Eventually, as most of us are aware, the gay rights movement succeeded in mobilizing its own constituency, and regardless of the fact that there are still to be found many people who loudly disagree with them, they have for the most part created a new America where people at least hear people saying that they are gay and they are proud and they do not wish to be cured or changed, and do not accept anyone's verdict that they are "sick". It is now a world where Smith of the City Council can be openly gay, and the newspapers will identify him as such, and report on him as he contributes to overall human accomplishments in creditable ways, and dedicates the civic center. If it is not yet a world in which no one need worry that they will be detained and incarcerated for no reason other than their sexual orientation, it is at least a world in which it tends to happen considerably less often, and is in most venues illegal to do so, and a majority of the general population believes that it *should* be illegal to do so.
One significant difference between the experience (and oppression) of gay and lesbian people and that of schizophrenics, bipolars and depressives that fascinates me a great deal is that, historically, homosexuality has been defined and reviled principally as a behavior, therefore a volitionally wicked or sick act, and in response a major wing of the gay rights movement has embraced the belief that theirs is an innate, built-in biological Difference that was not "caused" by any sequence of events or chosen due to some condition of moral depravity, nor can it be "cured" or "treated", but instead is, biologically and innately, who they are. For the psychiatrized, on the other hand, our historical definition by those who have defined and reviled us has it that we are inherently defective, that our brains aren't built right, either through genetics or random misfortune, that our emotional condition and the concepts that occupy our heads have little if anything to do with any sequence of events or political choices that we might have made, but instead is, biologically and innately, who we are. So, as you might expect, most of the people who comprise the psychiatric inmates' liberation movement reject the medical model of mental illness and embrace an interpretation of our cognitive and mental state that attributes what we think and feel to our individual histories and politics, including the outcomes of other people's reactions to us and our vulnerability to what they put us through.
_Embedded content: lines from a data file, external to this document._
-- ===== src/Ffi/Driver/Answers.antt =====
-- The answers of the driver to the waiters of a session.
use vproc.Prelude.{
  ℕ, zero, suc, ◌≡◌, ◌≢◌, ◌<◌, ◌++◌, refl, get_elem?-modify_at_self, List, [], ◌∷◌, Option, none,
  some, is_some, not, arith, get_elem?, retain, Option-cases, inl, inr,
}
use vproc.Prelude.Int.{ℤ}
use vproc.Prelude.Assoc.{Assoc, lookup, insert, lookup-insert}
use mathlib.Core.Path.{subst}
use mathlib.Core.Option
use vproc.Executor.{Executor}
use vproc.Executor.Exit.{get_exit_code}
use vproc.Ffi.Session.{
  Waiter, Session, Sessions, find_session, poll_exit, push_waiter, vproc_ffi_run_until_exit,
}
use vproc.Ffi.Session.Polls.{poll_exit_first}
use vproc.Ffi.Driver.{DriverState, answer_waiters, reap, settle}

-- No waiter of the list takes its answer at the number.
abbrev pub IsUnused : ℕ → List Waiter → Type 0
IsUnused result [] = Unit
IsUnused result (w ∷ waiters) = (w.result ≢ result) × IsUnused result waiters

-- Each waiter has a result of its own, as `Arc::new` gives it.
abbrev pub AreApart : List Waiter → Type 0
AreApart [] = Unit
AreApart (w ∷ waiters) = IsUnused w.result waiters × AreApart waiters

-- The waiters without an answer are kept, in order.
pub answer_waiters-retain :
    (ex : Executor) (waiters : List Waiter) (exits : Assoc ℤ)
    → (answer_waiters ex waiters exits).0
      ≡ retain (λ w. not (is_some (get_exit_code ex w.vpid))) waiters
unfolding answer_waiters
answer_waiters-retain ex [] exits = refl
answer_waiters-retain ex (w ∷ waiters) exits = elim (Option-cases (get_exit_code ex w.vpid)) [
  | inl pending ↦ ground (arith, pending, answer_waiters-retain ex waiters exits)
  | inr (code, done) ↦
      ground (arith, done, answer_waiters-retain ex waiters (insert w.result code exits))
]

lookup-answer_waiters_unused :
    (ex : Executor) (waiters : List Waiter) (exits : Assoc ℤ) (result : ℕ)
    → IsUnused result waiters
    → lookup result (answer_waiters ex waiters exits).1 ≡ lookup result exits
unfolding answer_waiters
lookup-answer_waiters_unused ex [] exits result unused = refl
lookup-answer_waiters_unused ex (w ∷ waiters) exits result unused =
    elim (Option-cases (get_exit_code ex w.vpid)) [
      | inl pending ↦
          ground (arith, pending, lookup-answer_waiters_unused ex waiters exits result unused.1)
      | inr (code, done) ↦ ground (
        arith,
        done,
        unused.0,
        lookup-insert w.result result code exits,
        lookup-answer_waiters_unused ex waiters (insert w.result code exits) result unused.1,
      )
    ]

IsUnused-apart :
    (result : ℕ) (waiters : List Waiter) (i : ℕ) {w : Waiter}
    → IsUnused result waiters
    → get_elem? waiters i ≡ some w
    → w.result ≢ result
IsUnused-apart result [] i unused h = cc
IsUnused-apart result (x ∷ waiters) zero unused h = ground (arith, unused.0)
IsUnused-apart result (x ∷ waiters) (suc i) unused h = IsUnused-apart result waiters i unused.1 h

-- What stands at the result of a waiter afterwards.
abbrev pub answer_or : Option ℤ → Option ℤ → Option ℤ
answer_or none before = before
answer_or (some code) before = some code

lookup-answer_waiters_head :
    (ex : Executor) (w : Waiter) (waiters : List Waiter) (exits : Assoc ℤ)
    → IsUnused w.result waiters
    → lookup w.result (answer_waiters ex (w ∷ waiters) exits).1
      ≡ answer_or (get_exit_code ex w.vpid) (lookup w.result exits)
unfolding answer_waiters
lookup-answer_waiters_head ex w waiters exits unused =
    elim (Option-cases (get_exit_code ex w.vpid)) [
      | inl pending ↦
          ground (arith, pending, lookup-answer_waiters_unused ex waiters exits w.result unused)
      | inr (code, done) ↦ ground (
        arith,
        done,
        lookup-insert w.result w.result code exits,
        lookup-answer_waiters_unused ex waiters (insert w.result code exits) w.result unused,
      )
    ]

lookup-answer_waiters :
    (ex : Executor) (waiters : List Waiter) (exits : Assoc ℤ) (i : ℕ) {w : Waiter}
    → AreApart waiters
    → get_elem? waiters i ≡ some w
    → lookup w.result (answer_waiters ex waiters exits).1
      ≡ answer_or (get_exit_code ex w.vpid) (lookup w.result exits)
unfolding answer_waiters
lookup-answer_waiters ex [] exits i apart h = cc
lookup-answer_waiters ex (x ∷ waiters) exits zero {w = w} apart h =
    let is_first : x ≡ w = ground arith in
    subst
      (λ (v : Waiter).
        lookup v.result (answer_waiters ex (x ∷ waiters) exits).1
        ≡ answer_or (get_exit_code ex v.vpid) (lookup v.result exits))
      is_first (lookup-answer_waiters_head ex x waiters exits apart.0)
lookup-answer_waiters ex (x ∷ waiters) exits (suc i) {w = w} apart h =
    let differ : w.result ≢ x.result = IsUnused-apart x.result waiters i apart.0 h in
    elim (Option-cases (get_exit_code ex x.vpid)) [
      | inl pending ↦ ground (arith, pending, lookup-answer_waiters ex waiters exits i apart.1 h)
      | inr (code, done) ↦ ground (
        arith,
        done,
        differ,
        lookup-insert x.result w.result code exits,
        lookup-answer_waiters ex waiters (insert x.result code exits) i apart.1 h,
      )
    ]

module _ {ℓ} {K : Type ℓ} (real_close : ℤ → K → K) where
  -- In a round of the driver, before it reaps, every waiter whose process has an exit code finds that
  -- code at its result, what stands at the result of another waiter is unchanged, and exactly the
  -- waiters without an exit code go on waiting, in order.
  pub settle_answers :
      (d : DriverState K) (i : ℕ) (w : Waiter)
      → AreApart d.session.waiters
      → get_elem? d.session.waiters i ≡ some w
      → let d' = (settle real_close d).0 in
        let code_of : Waiter → Option ℤ = λ v. get_exit_code d.session.executor v.vpid in
        (lookup w.result d'.exits ≡ answer_or (code_of w) (lookup w.result d.exits))
        × (d'.session.waiters ≡ retain (λ v. not (is_some (code_of v))) d.session.waiters)
  unfolding settle reap
  settle_answers d i w apart h = (
    lookup-answer_waiters d.session.executor d.session.waiters d.exits i apart h,
    answer_waiters-retain d.session.executor d.session.waiters d.exits,
  )

  -- `vproc_ffi_run_until_exit` brings back the exit code. Where neither look at the process found one,
  -- it adds a waiter to those of the session; when the driver comes to a round in which the process has
  -- the exit code `code`, and that waiter is there, among whichever others, each with a result of its
  -- own, what it writes is what the caller returns at the first of its 30000 looks that finds it.
  pub vproc_ffi_run_until_exit_returns :
      (others : Sessions → Sessions) (seen : ℕ → Option ℤ) (s : Sessions)
      (session_id arc vpid result i at : ℕ) (session again : Session) (d : DriverState K) (code : ℤ)
      → find_session s session_id ≡ some (arc, session)
      → get_exit_code session.executor vpid ≡ none
      → get_elem? (others s).arcs arc ≡ some again
      → get_exit_code again.executor vpid ≡ none
      → get_elem? d.session.waiters at ≡ some (record { vpid = vpid; result = result })
      → AreApart d.session.waiters
      → get_exit_code d.session.executor vpid ≡ some code
      → i < 30000
      → ((j : ℕ) → j < i → seen j ≡ none)
      → seen i ≡ lookup result (settle real_close d).0.exits
      → let (answer, s') = vproc_ffi_run_until_exit others seen s session_id vpid result in
        (answer ≡ code)
        × (Option.map (λ (x : Session). x.waiters) (get_elem? s'.arcs arc)
            ≡ some (again.waiters ++ record { vpid = vpid; result = result } ∷ []))
  unfolding vproc_ffi_run_until_exit
  vproc_ffi_run_until_exit_returns others seen s session_id arc vpid result i at session again d
        code found pending held still waiting apart done within before look =
      let w : Waiter = record { vpid = vpid; result = result } in
      let (written, kept) = settle_answers d at w apart waiting in
      let answered : seen i ≡ some code = ground (arith, look, written, done) in
      let polled : poll_exit 30000 0 seen ≡ code =
        poll_exit_first 30000 0 i seen code (omega arith) (omega arith)
          (λ j from upto. before j upto) answered in
      ground (
        arith,
        found,
        pending,
        held,
        still,
        polled,
        get_elem?-modify_at_self (others s).arcs arc (push_waiter w) held,
      )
As I have reiterated repeatedly, I am definitely among them; I do not genuinely believe myself to be a "schizophrenic" because I do not believe such creatures exist aside from labeling, nor, for that matter, to I believe myself to be bipolar except in the sense that all people with feelings experience a range of feelings, and such is true of everyone else who has received that inauthentic diagnosis.
Unlike the gay rights movement, though, we have not managed to break through the walls of silence to the point that people are generally aware of our perspective. Strategically, then, I have begun to think that we might be beating the proverbial dead horse by trying to combat psychiatric oppression by exposing the fact that the illnesses they claim to be treating when they oppress us do not even exist. Perhaps in this political climate, we could accomplish more with a tongue-in-cheek inversion of what the mental health system says about us. They insist that we are schizophrenics, bipolars, and depressives, and are therefore sick and need their help. Maybe it is time that we unfurled a banner for schizzy lib and demanded equal civil rights, nondiscrimination clauses in hiring and housing, and equal access for the Differently Minded!